▸ What you should do:
An exact copy of the entries below is the expected answer.

▸ Materials provided:
[Start of section]

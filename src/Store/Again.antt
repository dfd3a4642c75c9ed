-- ===== src/Store/Again.antt =====
-- Persisting a decision again: prism_serve/scheduler/replacement_store.py.
use prism_serve.Base.{
  String, ◌≡◌, refl, sym, ap, subst, Bool, false, Option, none, some, leb, get_or, nat_key,
  text_key, pair_key, triple_key, length, Result, ok, err, pure, raise, raise_if, ◌>>◌, bind_ok,
  bind_err, pass, raised, passed, raise_if-Checked, then-Checked,
}
use prism_serve.Base.Dict.{lookup, values, insert, insert-lookup}
use prism_serve.Store.Records.{ReplacementReleaseRecord, ActiveRun, key_of, Hashes}
use prism_serve.Store.State.{
  Store, Write, done, not_opened, not_replaced, not_synced, next_write, atomic_write, commit_by,
  commit_state, conflict, over_capacity,
}
use prism_serve.Store.Decisions.{
  lookup_record, other_decides, run_of, newly, commit_new, persist_found, persist_record,
}
use prism_serve.Store.Lookups.{refused, found, missing, lookup_record-cases, lookup_there}

-- A record that is there is answered, and nothing changes.
persist_there :
    (h : Hashes) (r : ReplacementReleaseRecord) (old : String) (s : Store)
    → s.fatal_error ≡ none
    → lookup (key_of r) s.records ≡ some r
    → persist_record h r old s ≡ (ok (r, false), s)
unfolding persist_record persist_found
persist_there h r old s f e =
    bind_ok (lookup_record h r old) (persist_found h r old) s (some r) (lookup_there h r old s f e)

-- What `persist_record` answers and leaves: its record, there and in a sound store.
abbrev pub Persisted :
    ReplacementReleaseRecord → Result (ReplacementReleaseRecord × Bool) × Store → Type 0
Persisted r (ok (x, b), t) =
    (x ≡ r) × (t.fatal_error ≡ none) × (lookup (key_of r) t.records ≡ some r)
Persisted r (err e, t) = Unit

commit_by-Persisted :
    (h : Hashes) (r : ReplacementReleaseRecord) (w : Write) (s : Store) (o : Option ActiveRun)
    → s.fatal_error ≡ none
    → Persisted r (
        (commit_by w h o (insert (key_of r) r s.records) s.seals s.next_seal_sequence
            >> pure (newly r))
          s)
unfolding commit_by atomic_write
commit_by-Persisted h r done s o f = (refl, f, insert-lookup (key_of r) r s.records)
commit_by-Persisted h r not_opened s o f = tt
commit_by-Persisted h r not_replaced s o f = tt
commit_by-Persisted h r not_synced s o f = tt

commit_new-Persisted :
    (h : Hashes) (r : ReplacementReleaseRecord) (old : String) (s : Store)
    → s.fatal_error ≡ none
    → Persisted r ((commit_new h r old >> pure (newly r)) s)
unfolding commit_new commit_state
commit_new-Persisted h r old s f =
    let m =
      raise_if (leb s.max_records_per_run (length s.records)) over_capacity
      >> raise_if (other_decides r (values s.records))
          (conflict "replacement lease already has a different decision key") in
    let o = some (get_or s.active_run (run_of h r.restart_run_id old r.decision_digest)) in
    let k = commit_state h o (insert (key_of r) r s.records) s.seals s.next_seal_sequence in
    elim (then-Checked _ s
      (raise_if (other_decides r (values s.records))
        (conflict "replacement lease already has a different decision key"))
      (raise_if-Checked (leb s.max_records_per_run (length s.records)) over_capacity s)
      (λ q. raise_if-Checked (other_decides r (values s.records)) _ s)) [
        | raised e p ↦
            subst (Persisted r)
              (sym (bind_err (m >> k) (λ _. pure (newly r)) s e (bind_err m (λ _. k) s e p))) tt
        | passed p q ↦
            subst (Persisted r)
              (sym (
                ap (λ q. elim q.0 [ ok a ↦ pure (newly r) q.1 | err e ↦ raise e q.1 ])
                  (pass m k s p refl)))
              (commit_by-Persisted h r (next_write s.disk.writes) s o f)
      ]

pub persist_record-Persisted :
    (h : Hashes) (r : ReplacementReleaseRecord) (old : String) (s : Store)
    → Persisted r (persist_record h r old s)
unfolding persist_record persist_found
persist_record-Persisted h r old s = elim (lookup_record-cases h r old s) [
  | refused e p ↦
      subst (Persisted r) (sym (bind_err (lookup_record h r old) (persist_found h r old) s e p)) tt
  | found i p q ↦
      subst (Persisted r)
        (sym (bind_ok (lookup_record h r old) (persist_found h r old) s (some r) p)) (refl, i, q)
  | missing p q ↦
      subst (Persisted r) (sym (bind_ok (lookup_record h r old) (persist_found h r old) s none p))
        (commit_new-Persisted h r old s q.intact)
]

-- A call of `persist_record` that returns has answered the record itself, and in the state that it
-- leaves the record is there under its key; the same call made in that state answers the record as one
-- that was there, and changes nothing.
pub persist_record_again :
    (h : Hashes) (r x : ReplacementReleaseRecord) (old : String) (created : Bool) (s t : Store)
    → persist_record h r old s ≡ (ok (x, created), t)
    → (x ≡ r)
      × (lookup (key_of r) t.records ≡ some r)
      × (persist_record h r old t ≡ (ok (r, false), t))
persist_record_again h r x old created s t e =
    let p = subst (Persisted r) e (persist_record-Persisted h r old s) in
    (p.0, p.2, persist_there h r old t p.1 p.2)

[End of section]

▸ Output:
filename src/Store/Again.antt
repository dfd3a4642c75c9ed
-- ===== src/Store/Again.antt =====
-- Persisting a decision again: prism_serve/scheduler/replacement_store.py.
use prism_serve.Base.{
  String, ◌≡◌, refl, sym, ap, subst, Bool, false, Option, none, some, leb, get_or, nat_key,
  text_key, pair_key, triple_key, length, Result, ok, err, pure, raise, raise_if, ◌>>◌, bind_ok,
  bind_err, pass, raised, passed, raise_if-Checked, then-Checked,
}
use prism_serve.Base.Dict.{lookup, values, insert, insert-lookup}
use prism_serve.Store.Records.{ReplacementReleaseRecord, ActiveRun, key_of, Hashes}
use prism_serve.Store.State.{
  Store, Write, done, not_opened, not_replaced, not_synced, next_write, atomic_write, commit_by,
  commit_state, conflict, over_capacity,
}
use prism_serve.Store.Decisions.{
  lookup_record, other_decides, run_of, newly, commit_new, persist_found, persist_record,
}
use prism_serve.Store.Lookups.{refused, found, missing, lookup_record-cases, lookup_there}

-- A record that is there is answered, and nothing changes.
persist_there :
    (h : Hashes) (r : ReplacementReleaseRecord) (old : String) (s : Store)
    → s.fatal_error ≡ none
    → lookup (key_of r) s.records ≡ some r
    → persist_record h r old s ≡ (ok (r, false), s)
unfolding persist_record persist_found
persist_there h r old s f e =
    bind_ok (lookup_record h r old) (persist_found h r old) s (some r) (lookup_there h r old s f e)

-- What `persist_record` answers and leaves: its record, there and in a sound store.
abbrev pub Persisted :
    ReplacementReleaseRecord → Result (ReplacementReleaseRecord × Bool) × Store → Type 0
Persisted r (ok (x, b), t) =
    (x ≡ r) × (t.fatal_error ≡ none) × (lookup (key_of r) t.records ≡ some r)
Persisted r (err e, t) = Unit

commit_by-Persisted :
    (h : Hashes) (r : ReplacementReleaseRecord) (w : Write) (s : Store) (o : Option ActiveRun)
    → s.fatal_error ≡ none
    → Persisted r (
        (commit_by w h o (insert (key_of r) r s.records) s.seals s.next_seal_sequence
            >> pure (newly r))
          s)
unfolding commit_by atomic_write
commit_by-Persisted h r done s o f = (refl, f, insert-lookup (key_of r) r s.records)
commit_by-Persisted h r not_opened s o f = tt
commit_by-Persisted h r not_replaced s o f = tt
commit_by-Persisted h r not_synced s o f = tt

commit_new-Persisted :
    (h : Hashes) (r : ReplacementReleaseRecord) (old : String) (s : Store)
    → s.fatal_error ≡ none
    → Persisted r ((commit_new h r old >> pure (newly r)) s)
unfolding commit_new commit_state
commit_new-Persisted h r old s f =
    let m =
      raise_if (leb s.max_records_per_run (length s.records)) over_capacity
      >> raise_if (other_decides r (values s.records))
          (conflict "replacement lease already has a different decision key") in
    let o = some (get_or s.active_run (run_of h r.restart_run_id old r.decision_digest)) in
    let k = commit_state h o (insert (key_of r) r s.records) s.seals s.next_seal_sequence in
    elim (then-Checked _ s
      (raise_if (other_decides r (values s.records))
        (conflict "replacement lease already has a different decision key"))
      (raise_if-Checked (leb s.max_records_per_run (length s.records)) over_capacity s)
      (λ q. raise_if-Checked (other_decides r (values s.records)) _ s)) [
        | raised e p ↦
            subst (Persisted r)
              (sym (bind_err (m >> k) (λ _. pure (newly r)) s e (bind_err m (λ _. k) s e p))) tt
        | passed p q ↦
            subst (Persisted r)
              (sym (
                ap (λ q. elim q.0 [ ok a ↦ pure (newly r) q.1 | err e ↦ raise e q.1 ])
                  (pass m k s p refl)))
              (commit_by-Persisted h r (next_write s.disk.writes) s o f)
      ]

pub persist_record-Persisted :
    (h : Hashes) (r : ReplacementReleaseRecord) (old : String) (s : Store)
    → Persisted r (persist_record h r old s)
unfolding persist_record persist_found
persist_record-Persisted h r old s = elim (lookup_record-cases h r old s) [
  | refused e p ↦
      subst (Persisted r) (sym (bind_err (lookup_record h r old) (persist_found h r old) s e p)) tt
  | found i p q ↦
      subst (Persisted r)
        (sym (bind_ok (lookup_record h r old) (persist_found h r old) s (some r) p)) (refl, i, q)
  | missing p q ↦
      subst (Persisted r) (sym (bind_ok (lookup_record h r old) (persist_found h r old) s none p))
        (commit_new-Persisted h r old s q.intact)
]

-- A call of `persist_record` that returns has answered the record itself, and in the state that it
-- leaves the record is there under its key; the same call made in that state answers the record as one
-- that was there, and changes nothing.
pub persist_record_again :
    (h : Hashes) (r x : ReplacementReleaseRecord) (old : String) (created : Bool) (s t : Store)
    → persist_record h r old s ≡ (ok (x, created), t)
    → (x ≡ r)
      × (lookup (key_of r) t.records ≡ some r)
      × (persist_record h r old t ≡ (ok (r, false), t))
persist_record_again h r x old created s t e =
    let p = subst (Persisted r) e (persist_record-Persisted h r old s) in
    (p.0, p.2, persist_there h r old t p.1 p.2)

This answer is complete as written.